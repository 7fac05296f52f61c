-- ===== src/Core/Models.antt =====
-- The models of src/core/models.py that the modelled components use, over any type of decimals. A
-- date is the number of a day, and a time of day is in minutes. Left out are the fields that the
-- modelled code neither sets nor reads: the `account_id` of a result, a position and a balance, and
-- the `value` of a price bar.
use stock_trading_agent.Base.{ℕ, Bool, Option, List, String}
use stock_trading_agent.Base.Int.{ℤ}
use stock_trading_agent.Base.Dict.{Dict}
use stock_trading_agent.Core.Enums.{
  MarketType, OrderSide, OrderType, OrderStatus, PositionStatus, ExitReason, DecisionAction,
  SignalAction, StrategyType, BacktestMode,
}

-- `datetime.combine(day, time)`
pub record DateTime : Type 0 where
  pub day : ℕ
  pub minute : ℕ

pub record PriceInfo (D : Type 0) : Type 0 where
  pub symbol : String
  pub current_price : D
  pub previous_close : D
  pub change_price : D
  pub change_percent : D
  pub high : D
  pub low : D
  pub volume : ℤ
  pub timestamp : DateTime

pub record StockInfo (D : Type 0) : Type 0 where
  pub symbol : String
  pub name : String
  pub market_type : MarketType
  pub sector : String
  pub listed_shares : ℤ
  pub market_cap_krw : D

pub record Ohlcv (D : Type 0) : Type 0 where
  pub symbol : String
  pub date : ℕ
  pub opening : D
  pub high : D
  pub low : D
  pub closing : D
  pub volume : ℤ

pub record OrderRequest (D : Type 0) : Type 0 where
  pub account_id : String
  pub symbol : String
  pub side : OrderSide
  pub order_type : OrderType
  pub quantity : ℤ
  pub price : Option D
  pub reason : String

-- An order identifier is the number that the broker prints into it.
pub record OrderResult (D : Type 0) : Type 0 where
  pub order_id : ℕ
  pub symbol : String
  pub side : OrderSide
  pub order_type : OrderType
  pub quantity : ℤ
  pub price : D
  pub status : OrderStatus
  pub filled_quantity : ℤ
  pub filled_price : Option D
  pub commission : D
  pub timestamp : DateTime

pub record Position (D : Type 0) : Type 0 where
  pub symbol : String
  pub quantity : ℤ
  pub average_cost : D
  pub current_price : D
  pub market_value : D
  pub unrealized_pnl : D
  pub unrealized_pnl_pct : D
  pub status : PositionStatus
  pub entry_date : DateTime

pub record AccountBalance (D : Type 0) : Type 0 where
  pub total_assets : D
  pub cash : D
  pub invested : D
  pub unrealized_pnl : D
  pub realized_pnl : D
  pub daily_pnl : D
  pub daily_pnl_pct : D
  pub positions_count : ℤ
  pub timestamp : DateTime

pub record PortfolioState (D : Type 0) : Type 0 where
  pub account_id : String
  pub total_value : D
  pub cash : D
  pub invested : D
  pub unrealized_pnl : D
  pub daily_pnl : D
  pub daily_pnl_pct : D
  pub drawdown_pct : D
  pub peak_value : D
  pub positions : List (Position D)
  pub sector_allocations : Dict D
  pub daily_trade_count : ℤ
  pub timestamp : DateTime

pub record PositionSizing (D : Type 0) : Type 0 where
  pub symbol : String
  pub entry_price : D
  pub stop_loss_price : D
  pub take_profit_price : Option D
  pub risk_per_share : D
  pub quantity : ℤ
  pub position_value_krw : D
  pub risk_amount_krw : D
  pub risk_pct_of_portfolio : D
  pub position_pct_of_portfolio : D
  pub risk_reward_ratio : Option D

-- The `reasoning` text repeats the other fields and is left out.
pub record ExitSignal (D : Type 0) : Type 0 where
  pub symbol : String
  pub reason : ExitReason
  pub urgency : String
  pub current_price : D
  pub trigger_price : Option D
  pub unrealized_pnl_pct : D
  pub recommended_action : DecisionAction

-- The text, the agent and the clock's time of a signal are left out.
pub record Signal (D : Type 0) : Type 0 where
  pub symbol : String
  pub action : SignalAction
  pub confidence : D
  pub target_price : Option D
  pub stop_loss_price : Option D
  pub quantity : ℤ
  pub position_value_krw : D

-- The parameters of a back-test, where they are given; each use has its own default. The source keeps
-- an unchecked dictionary. The two values that are read once an order has been filled may be ones that
-- `Decimal` or `int` raises on, which is `none` under the `some`; of the others, which signals are made
-- from, only values that convert are modelled.
pub record BacktestParameters (D : Type 0) : Type 0 where
  pub sma_short : Option ℕ
  pub sma_long : Option ℕ
  pub rsi_threshold : Option D
  pub atr_stop_mult : Option D
  pub atr_tp_mult : Option D
  pub trailing_stop_pct : Option (Option D)
  pub max_holding_days : Option (Option ℤ)
  pub stop_pct : Option D
  pub tp_pct : Option D
  pub min_signals : Option ℕ

pub record BacktestConfig (D : Type 0) : Type 0 where
  pub strategy_type : StrategyType
  pub start_date : ℕ
  pub end_date : ℕ
  pub initial_capital : D
  pub symbols : List String
  pub slippage_bps : ℤ
  pub mode : BacktestMode
  pub parameters : BacktestParameters D
  pub llm_model_filter : Option String
  pub benchmark_symbol : String

pub record BacktestTradeRecord (D : Type 0) : Type 0 where
  pub symbol : String
  pub side : OrderSide
  pub quantity : ℤ
  pub price : D
  pub commission : D
  pub slippage : D
  pub trade_date : ℕ
  pub pnl : Option D
  pub exit_reason : Option ExitReason

pub record PerformanceMetrics (D : Type 0) : Type 0 where
  pub period_start : ℕ
  pub period_end : ℕ
  pub total_return_pct : D
  pub annualized_return_pct : Option D
  pub sharpe_ratio : Option D
  pub sortino_ratio : Option D
  pub max_drawdown_pct : D
  pub win_rate_pct : D
  pub avg_win_pct : D
  pub avg_loss_pct : D
  pub profit_factor : Option D
  pub total_trades : ℕ
  pub winning_trades : ℕ
  pub losing_trades : ℕ

pub record WalkForwardWindow (D : Type 0) : Type 0 where
  pub window_index : ℕ
  pub is_start : ℕ
  pub is_end : ℕ
  pub oos_start : ℕ
  pub oos_end : ℕ
  pub is_metrics : PerformanceMetrics D
  pub oos_metrics : PerformanceMetrics D
  pub oos_trade_count : ℕ

-- The configuration and the clock's time of the result are left out.
pub record WalkForwardResult (D : Type 0) : Type 0 where
  pub window_months : ℕ
  pub oos_months : ℕ
  pub windows : List (WalkForwardWindow D)
  pub aggregated_oos_metrics : PerformanceMetrics D
  pub consistency_ratio : D
  pub avg_oos_return_pct : D
  pub is_robust : Bool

■ ■ ■ ■ ■ ■ ■

After locating the line with "pub change_price : D" in the material above, return it and each line after it exactly, ending at the line with "pub record OrderRequest".

  pub change_price : D
  pub change_percent : D
  pub high : D
  pub low : D
  pub volume : ℤ
  pub timestamp : DateTime

pub record StockInfo (D : Type 0) : Type 0 where
  pub symbol : String
  pub name : String
  pub market_type : MarketType
  pub sector : String
  pub listed_shares : ℤ
  pub market_cap_krw : D

pub record Ohlcv (D : Type 0) : Type 0 where
  pub symbol : String
  pub date : ℕ
  pub opening : D
  pub high : D
  pub low : D
  pub closing : D
  pub volume : ℤ

pub record OrderRequest (D : Type 0) : Type 0 where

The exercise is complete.